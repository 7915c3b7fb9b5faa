-- ===== src/Traffic/Sampler/Wanted.antt =====
-- internal/traffic/sampler.go: which interfaces a configuration asks for.
use mathlib.Core.Path.{subst}
use Prim.{⊥}
use i_pulse.Base.{
  ℕ, ◌≡◌, ◌≢◌, ◌⊎◌, inl, inr, refl, ap, ◌∙◌, Bool, true, false, ◌&&◌, List, [], ◌∷◌, ◌++◌, Option,
  none, some, arith, Bool-cases, Option-cases, All, if◌then◌else◌, length, ltb,
}
use i_pulse.Util.Glob.{same, matches_any_glob}
use i_pulse.Util.Glob.Occurrences.{same_iff}
use i_pulse.Traffic.Sampler.{Interface, Config, loopback, monitored, seen, bytes_eq}

abbrev pub is_some {ℓ} : {A : Type ℓ} → Option A → Bool
is_some none = false
is_some (some a) = true

module _ (lower : List ℕ → List ℕ) (cfg : Config) where
  -- An interface that the configuration asks for: not a loopback, and matched by the patterns to include
  -- if there are any, or else not matched by those to exclude.
  abbrev pub IsWanted : Interface → Type 0
  IsWanted iface =
      (iface.type ≢ loopback)
      × (((cfg.include ≢ []) × (matches_any_glob lower cfg.include iface.name ≡ true))
          ⊎ ((cfg.include ≡ []) × (matches_any_glob lower cfg.exclude iface.name ≡ false)))

  no_pattern : (ps : List (List ℕ)) → ltb 0 (length ps) ≡ false → ps ≡ []
  no_pattern [] h = refl
  no_pattern (p ∷ ps) h = absurd (ground (arith, h))

  some_pattern : (ps : List (List ℕ)) → ltb 0 (length ps) ≡ true → ps ≢ []
  some_pattern [] h e = absurd (ground (arith, h))
  some_pattern (p ∷ ps) h e = absurd (cc e)

  not_same : (a b : List ℕ) → same a b ≡ false → a ≢ b
  not_same a b h e = absurd (cc (h, (same_iff a b).1 e))

  monitored-IsWanted : (iface : Interface) → monitored lower cfg iface ≡ true → IsWanted iface
  unfolding monitored
  monitored-IsWanted iface h = elim (Bool-cases (same iface.type loopback)) [
    | inl local ↦ absurd (ground (arith, h, local))
    | inr other ↦ elim (Bool-cases (ltb 0 (length cfg.include))) [
      | inl listed ↦ (
        not_same iface.type loopback other,
        inl (some_pattern cfg.include listed, ground (arith, h, other, listed)),
      )
      | inr unlisted ↦ (
        not_same iface.type loopback other,
        inr (no_pattern cfg.include unlisted, ground (arith, h, other, unlisted)),
      )
    ]
  ]

  IsWanted-monitored : (iface : Interface) → IsWanted iface → monitored lower cfg iface ≡ true
  unfolding monitored
  IsWanted-monitored iface (distinct, by) =
      let other : same iface.type loopback ≡ false = elim (Bool-cases (same iface.type loopback)) [
        | inl local ↦ absurd (distinct ((same_iff iface.type loopback).0 local))
        | inr other ↦ other
      ] in
      elim (Bool-cases (ltb 0 (length cfg.include))) [
        | inl listed ↦ elim by [
          | inl (some_given, matched) ↦ ground (arith, other, listed, matched)
          | inr (none_given, unmatched) ↦ absurd (some_pattern cfg.include listed none_given)
        ]
        | inr unlisted ↦ elim by [
          | inl (some_given, matched) ↦ absurd (some_given (no_pattern cfg.include unlisted))
          | inr (none_given, unmatched) ↦ ground (arith, other, unlisted, unmatched)
        ]
      ]

  unfoldable pub IsOther : List ℕ → Interface → Type 0
  IsOther n j = j.name ≡ n → IsWanted j → ⊥

  -- The last monitored interface of a name.
  unfoldable pub last_read : List ℕ → List Interface → Option Interface
  last_read n [] = none
  last_read n (iface ∷ rest) =
      let later = last_read n rest in
      elim later [
        | some j ↦ some j
        | none ↦ if monitored lower cfg iface && same iface.name n then some iface else none
      ]

  -- Where it stands: nothing wanted of its name follows it.
  unfoldable pub IsLast : List ℕ → List Interface → Option Interface → Type 0
  IsLast n ifaces none = All (IsOther n) ifaces
  IsLast n ifaces (some i) =
      (before : List Interface) × (after : List Interface) × (ifaces ≡ before ++ i ∷ after)
      × (i.name ≡ n)
      × IsWanted i
      × All (IsOther n) after

  pub last_read-IsLast :
      (n : List ℕ) (ifaces : List Interface) → IsLast n ifaces (last_read n ifaces)
  unfolding last_read IsLast IsOther
  last_read-IsLast n [] = tt
  last_read-IsLast n (iface ∷ rest) = elim (Option-cases (last_read n rest)) [
    | inr (j, found) ↦
        let (before, after, e, named, wanted, others) =
          subst (IsLast n rest) found (last_read-IsLast n rest) in
        rw found (iface ∷ before, after, ap (λ l. iface ∷ l) e, named, wanted, others)
    | inl nothing ↦
        let others = subst (IsLast n rest) nothing (last_read-IsLast n rest) in
        elim (Bool-cases (monitored lower cfg iface && same iface.name n)) [
          | inl this ↦
              let on : monitored lower cfg iface ≡ true = ground (arith, this) in
              let at : same iface.name n ≡ true = ground (arith, this) in
              rw (nothing, this)
                ([], rest, refl, (same_iff iface.name n).0 at, monitored-IsWanted iface on, others)
          | inr other ↦
              rw (nothing, other)
                (
                  (λ named wanted.
                      let on = IsWanted-monitored iface wanted in
                      let at = (same_iff iface.name n).1 named in
                      absurd (ground (arith, other, on, at))),
                  others,
                )
        ]
  ]

  pub seen-last_read :
      (n : List ℕ) (ifaces : List Interface)
      → seen lower cfg ifaces n ≡ is_some (last_read n ifaces)
  unfolding seen last_read
  seen-last_read n [] = refl
  seen-last_read n (iface ∷ rest) =
      let later = seen-last_read n rest in
      elim (Option-cases (last_read n rest)) [
        | inr (j, found) ↦ rw found (ground (arith, later, found))
        | inl nothing ↦ elim (Bool-cases (monitored lower cfg iface && same iface.name n)) [
          | inl this ↦ rw (nothing, this) (ground (arith, this))
          | inr other ↦
              let no_more : seen lower cfg rest n ≡ false = later ∙ ap is_some nothing in
              rw (nothing, other, no_more) refl
        ]
      ]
***
Scan the entries above and return each line that holds "configuration".

### Solution for this exercise
-- internal/traffic/sampler.go: which interfaces a configuration asks for.
  -- An interface that the configuration asks for: not a loopback, and matched by the patterns to include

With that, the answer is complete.